Bumblebee
Higher level languages, such as Ruby, make interacting with CSV (Comma Separated Values) files trivial. Even so, this library provides a very simple object/CSV mapper that allows you to fully interact with CSV's in a declarative way. Locking in common patterns, even in higher level languages, is important in large codebases. Using a library, such as this, will help ensure standardization around CSV interaction.
Installation
To install through Rubygems:
gem install install bumblebee
You can also add this to your Gemfile:
bundle add bumblebee
Examples
A Simple 1:1 Example
Imagine the following CSV:
id | name | dob | phone |
---|---|---|---|
1 | Matt | 1901-02-03 | 555-555-5555 |
2 | Nick | 1921-09-03 | 444-444-4444 |
3 | Sam | 1932-12-12 | 333-333-3333 |
Using the following column configuration:
columns = %i[id name dob phone]
We could parse this data and turn it into hashes:
objects = Bumblebee::Template.new(columns: columns).parse(data)
Then objects
is this array of hashes:
[
{ id: '1', name: 'Matt', dob: '2/3/01', phone: '555-555-5555' },
{ id: '2', name: 'Nick', dob: '9/3/21', phone: '444-444-4444' },
{ id: '3', name: 'Sam', dob: '12/12/32', phone: '333-333-3333' }
]
Note: Data, in this case, would be the read CSV file contents in string format.
Custom Headers
If our headers are not a perfect 1:1 match to our object, such as:
ID # | First Name | Date of Birth | Phone # |
---|---|---|---|
1 | Matt | 1901-02-03 | 555-555-5555 |
2 | Nick | 1921-09-03 | 444-444-4444 |
3 | Sam | 1932-12-12 | 333-333-3333 |
Then we can explicitly map those as:
columns = {
'ID #' => :id },
'First Name' => :name,
'Date of Birth' => :dob,
'Phone #' => :phone
}
Nested Objects
Let's say we have the following data which we want to create a CSV from:
objects = [
{
id: 1,
name: { first: 'Matt' },
demo: { dob: '1901-02-03' },
contact: { phone: '555-555-5555' }
},
{
id: 2,
name: { first: 'Nick' },
demo: { dob: '1921-09-03' },
contact: { phone: '444-444-4444' }
},
{
id: 3,
name: { first: 'Sam' },
demo: { dob: '1932-12-12' },
contact: { phone: '333-333-3333' }
}
]
We could create a flat-file CSV:
ID # | First Name | Date of Birth | Phone # |
---|---|---|---|
1 | Matt | 1901-02-03 | 555-555-5555 |
2 | Nick | 1921-09-03 | 444-444-4444 |
3 | Sam | 1932-12-12 | 333-333-3333 |
Using the following column config:
columns = {
'ID #' => :id,
'First Name': {
property: :first,
through: :name
},
'Date of Birth': {
property: :dob,
through: :demo
},
'Phone #': {
property: :phone,
through: :contact
}
]
And executing the following:
csv = Bumblebee::Template.new(columns: columns).generate(objects)

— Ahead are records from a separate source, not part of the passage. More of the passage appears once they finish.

-- ===== src/IntervalVector/Lookup.antt =====
-- The queries of an interval vector, and the walk of its iterators.
use vislcg.Base.{
  ℕ, zero, suc, ◌+◌, ◌-◌, ◌<◌, ◌≤◌, ◌≡◌, ◌≢◌, refl, Bool, true, false, not, ◌||◌, ◌&&◌, List, [],
  ◌∷◌,
}
use vislcg.Base.{arith, word, leb, ◌==◌, ltb, ◌⊎◌, ◌↔◌, Bool-cases, inl, inr, ◌∙◌, sym}
use vislcg.IntervalVector.{
  Interval, IntervalVector, Iterator, succ32, contains, find, lower_bound, next, begin, end,
  find_cut, lower_bound_cut, contains_cut, iterator_at,
}
use vislcg.IntervalVector.Valid.{
  Right, member, total, IsValid, IsCut, Right-weaken, lower_cut-IsCut, member-rejoin, member-Left,
}
use vislcg.IntervalVector.Insert.{member-cut, listed}

contains_cut-member :
    (t : ℕ) (es bs rs : List Interval) → IsCut t es bs rs → contains_cut t rs ≡ member t es
contains_cut-member t es bs [] c = sym (member-cut t es bs [] c)
contains_cut-member t es bs (a ∷ rs) c =
    rw (member-cut t es bs (a ∷ rs) c) (ground (arith, c.reached))

-- The binary search answers whether its number is a member.
pub contains-eq-member :
    (v : IntervalVector) (t : ℕ) → IsValid v → contains v t ≡ member t v.elements
unfolding contains
contains-eq-member v t h =
    contains_cut-member t v.elements _ _ (lower_cut-IsCut t v.elements h.ordered)

-- What `find` promises: the member, or the end.
abbrev pub Finds : Bool → ℕ → Iterator → Type 0
Finds true t it = (it.value ≡ t) × (it.here ≢ [])
Finds false t it = it ≡ end

-- The test that both begin with.
outside-eq-not :
    (t : ℕ) (a : Interval) → (ltb a.ub t || ltb t a.lb) ≡ not (leb a.lb t && leb t a.ub)
outside-eq-not t a = ground arith

find_cut-Finds :
    (t : ℕ) (es bs rs : List Interval) → IsCut t es bs rs → Finds (member t es) t (find_cut t rs)
find_cut-Finds t es bs [] c = rw (member-cut t es bs [] c) refl
find_cut-Finds t es bs (a ∷ rs) c =
    rw (member-cut t es bs (a ∷ rs) c, outside-eq-not t a)
      (elim (Bool-cases (leb a.lb t && leb t a.ub)) [
        | inl e ↦ rw e (refl, λ p. cc p)
        | inr e ↦ rw e refl
      ])

-- In a valid vector `find(t)` stands at `t` if that is a member, inside an interval, and is the
-- end if it is not.
pub find-Finds : (v : IntervalVector) (t : ℕ) → IsValid v → Finds (member t v.elements) t (find v t)
unfolding find
find-Finds v t h = find_cut-Finds t v.elements _ _ (lower_cut-IsCut t v.elements h.ordered)

-- The least member that is `t` or more, or the end if there is none.
abbrev pub IsLeast : ℕ → List Interval → List Interval → ℕ → Type 0
IsLeast t es [] n = (q : ℕ) → t ≤ q → member q es ≡ false
IsLeast t es (a ∷ rs) n =
    (t ≤ n) × (member n es ≡ true) × ((q : ℕ) → t ≤ q → q < n → member q es ≡ false)

member_first : (a : Interval) (rs : List Interval) → a.lb ≤ a.ub → member a.lb (a ∷ rs) ≡ true
unfolding member
member_first a rs h = ground arith

member_last : (a : Interval) (rs : List Interval) → a.lb ≤ a.ub → member a.ub (a ∷ rs) ≡ true
unfolding member
member_last a rs h = ground arith

module _ (t : ℕ) (es bs : List Interval) where
  member_above : (rs : List Interval) (q : ℕ) → IsCut t es bs rs → t ≤ q → member q es ≡ member q rs
  member_above rs q c h =
      rw (← c.whole, member-rejoin q bs rs) (ground (arith, member-Left q t bs c.left))

  -- On a member it stops there.
  lower_bound_cut-hit :
      (rs : List Interval)
      → IsCut t es bs rs
      → member t es ≡ true
      → let it = lower_bound_cut t rs in IsLeast t es it.here it.value
  lower_bound_cut-hit [] c m = cc (member-cut t es bs [] c)
  lower_bound_cut-hit (a ∷ rs) c m =
      let here : (leb a.lb t && leb t a.ub) ≡ true = sym (member-cut t es bs (a ∷ rs) c) ∙ m in
      rw (outside-eq-not t a, here) (omega arith, m, λ q h k. absurd (omega arith))

  -- With nothing at `t` or above it is at the end.
  lower_bound_cut_end :
      (rs : List Interval)
      → IsCut t es bs rs
      → ((q : ℕ) → t ≤ q → member q es ≡ false)
      → let it = lower_bound_cut t rs in IsLeast t es it.here it.value
  lower_bound_cut_end [] c none_above = none_above
  lower_bound_cut_end (a ∷ rs) c none_above = cc (
    none_above a.ub c.reached,
    member_above (a ∷ rs) a.ub c c.reached,
    member_last a rs c.right.1,
  )

  next_not-IsLeast :
      (a : Interval) (rs : List Interval)
      → t ≤ a.lb
      → a.lb ≤ a.ub
      → Right (a.ub + 2) rs
      → member a.lb es ≡ true
      → ¬ (IsLeast t es (iterator_at rs).here (iterator_at rs).value)
  next_not-IsLeast a [] low sane r m least = cc (least a.lb low)
  next_not-IsLeast a (b ∷ rs) low sane r m least = cc (least.2 a.lb low (omega arith))

  -- On a missing number it steps over the interval that holds the least member above it.
  lower_bound_cut_skips :
      (rs : List Interval) (q : ℕ)
      → IsCut t es bs rs
      → member t es ≡ false
      → t ≤ q
      → member q es ≡ true
      → let it = lower_bound_cut t rs in ¬ (IsLeast t es it.here it.value)
  lower_bound_cut_skips [] q c missing above m least =
      let gone : member q es ≡ false = unfold member in member_above [] q c above in cc
  lower_bound_cut_skips (a ∷ rs) q c missing above m least =
      let out : (leb a.lb t && leb t a.ub) ≡ false =
        sym (member-cut t es bs (a ∷ rs) c) ∙ missing in
      let low : t ≤ a.lb = ground (arith, out, c.reached) in
      next_not-IsLeast a rs low c.right.1 c.right.3
        (member_above (a ∷ rs) a.lb c low ∙ member_first a rs c.right.1)
        (rw (outside-eq-not t a, out) at least)

-- `lower_bound(t)` is the least member from `t` on, or the end where there is none, exactly if `t`
-- is a member or nothing above it is: a missing `t` below a member makes it skip members.
pub lower_bound-IsLeast_iff :
    (v : IntervalVector) (t : ℕ)
    → IsValid v
    → (let it = lower_bound v t in IsLeast t v.elements it.here it.value)
      ↔ ((member t v.elements ≡ true) ⊎ ((q : ℕ) → t ≤ q → member q v.elements ≡ false))
unfolding lower_bound
lower_bound-IsLeast_iff v t h =
    let c = lower_cut-IsCut t v.elements h.ordered in
    (
      λ least. elim (Bool-cases (member t v.elements)) [
        | inl e ↦ inl e
        | inr e ↦ inr (λ q above. elim (Bool-cases (member q v.elements)) [
          | inl m ↦ absurd (lower_bound_cut_skips t v.elements _ _ q c e above m least)
          | inr m ↦ m
        ])
      ],
      elim [
        | inl m ↦ lower_bound_cut-hit t v.elements _ _ c m
        | inr none_above ↦ lower_bound_cut_end t v.elements _ _ c none_above
      ],
    )

-- `for (auto q : v)` for a number of rounds: the values met, and where the iterator stands then.
abbrev pub visited : ℕ → Iterator → List ℕ
visited zero it = []
visited (suc n) it = it.value ∷ visited n (next it)

abbrev pub advanced : ℕ → Iterator → Iterator
advanced zero it = it
advanced (suc n) it = advanced n (next it)

-- The numbers ascend strictly from `lo` on.
abbrev pub Ascends : ℕ → List ℕ → Type 0
Ascends lo [] = Unit
Ascends lo (x ∷ xs) = (lo ≤ x) × Ascends (x + 1) xs

Ascends-weaken : (lo lo' : ℕ) (xs : List ℕ) → lo' ≤ lo → Ascends lo xs → Ascends lo' xs
Ascends-weaken lo lo' [] h s = tt
Ascends-weaken lo lo' (x ∷ xs) h s = (omega arith, s.1)

record Walks (lo : ℕ) (members : ℕ → Bool) (n : ℕ) (it : Iterator) : Type 0 where
  ascends : Ascends lo (visited n it)
  meets : (q : ℕ) → listed q (visited n it) ≡ members q
  ends : advanced n it ≡ end

-- The members that are still to come inside an interval, and behind it.
abbrev ahead : ℕ → Interval → List Interval → ℕ → Bool
ahead t a rs q = (leb t q && leb q a.ub) || member q rs

abbrev CanWalk : ℕ → Type 0
CanWalk n =
    (t : ℕ) (a : Interval) (rs : List Interval)
    → t ≤ a.ub
    → a.ub < word
    → Right (a.ub + 2) rs
    → n ≡ a.ub + 1 - t + total rs
    → Walks t (ahead t a rs) n (record { here = a ∷ rs; value = t })

walk_all :
    (n lo : ℕ) (rs : List Interval)
    → CanWalk n
    → Right lo rs
    → n ≡ total rs
    → Walks lo (λ q. member q rs) n (iterator_at rs)
unfolding total member
walk_all zero lo [] can r e = record { ascends = tt; meets = λ q. refl; ends = refl }
walk_all (suc n) lo [] can r e = absurd (omega arith)
walk_all n lo (a ∷ rs) can r e =
    let w = can a.lb a rs r.1 r.2 r.3 e in
    record { ascends = Ascends-weaken a.lb lo _ r.0 w.ascends; meets = w.meets; ends = w.ends }

walk : (n : ℕ) → CanWalk n
unfolding total member next
walk zero t a rs h small r e = absurd (omega arith)
walk (suc n) t a rs h small r e = elim (Bool-cases (t == a.ub)) [
  | inl last ↦
      let w =
        walk_all n (t + 1) rs (walk n) (Right-weaken (a.ub + 2) (t + 1) rs (ground arith) r)
          (ground arith) in
      record {
        ascends = (omega arith, rw last w.ascends);
        meets = λ q. rw (last, w.meets q) (ground arith);
        ends = rw last w.ends;
      }
  | inr more ↦
      let w = walk n (t + 1) a rs (ground arith) small r (ground arith) in
      let exact : succ32 t ≡ t + 1 = ground arith in
      record {
        ascends = (omega arith, rw (more, exact) w.ascends);
        meets = λ q. rw (more, exact, w.meets q) (ground arith);
        ends = rw (more, exact) w.ends;
      }
]

-- A loop from `begin()` meets each member once, in ascending order, and stands at `end()` after as
-- many rounds as `size()` says.
pub begin-visited :
    (v : IntervalVector)
    → IsValid v
    → Ascends 0 (visited v.size (begin v))
      × ((q : ℕ) → listed q (visited v.size (begin v)) ≡ member q v.elements)
      × (advanced v.size (begin v) ≡ end)
unfolding begin
begin-visited v h =
    let w = walk_all v.size 0 v.elements (walk v.size) h.ordered (sym h.counted) in
    (w.ascends, w.meets, w.ends)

The above columns config would work both ways, so if we received the CSV, we could parse it to an array of nested hashes. Unfortunately, for now, we cannot do better than an array of nested hashes.
Custom Formatting
You can also pass in built-in or custom functions that can do the value formatting. For example:
columns = {
'ID #': {
property: :id,
to_object: :integer
},
'First Name': {
property: :first,
through: :name,
to_csv: ->(v) { v.to_s.upcase }
},
'Date of Birth': {
property: :dob,
through: :demo,
to_object: { type: :date, nullable: true }
},
'Phone #': {
property: :phone,
through: :contact
}
}
would ensure:
- id is an integer data type when parsed
- the CSV has only upper-case
First Name
values - dob is a date data type when parsed
Other formatting functions that can be used for to_object and/or to_csv:
- bigdecimal: converts to BigDecimal (nullable, non-nullable default is 0)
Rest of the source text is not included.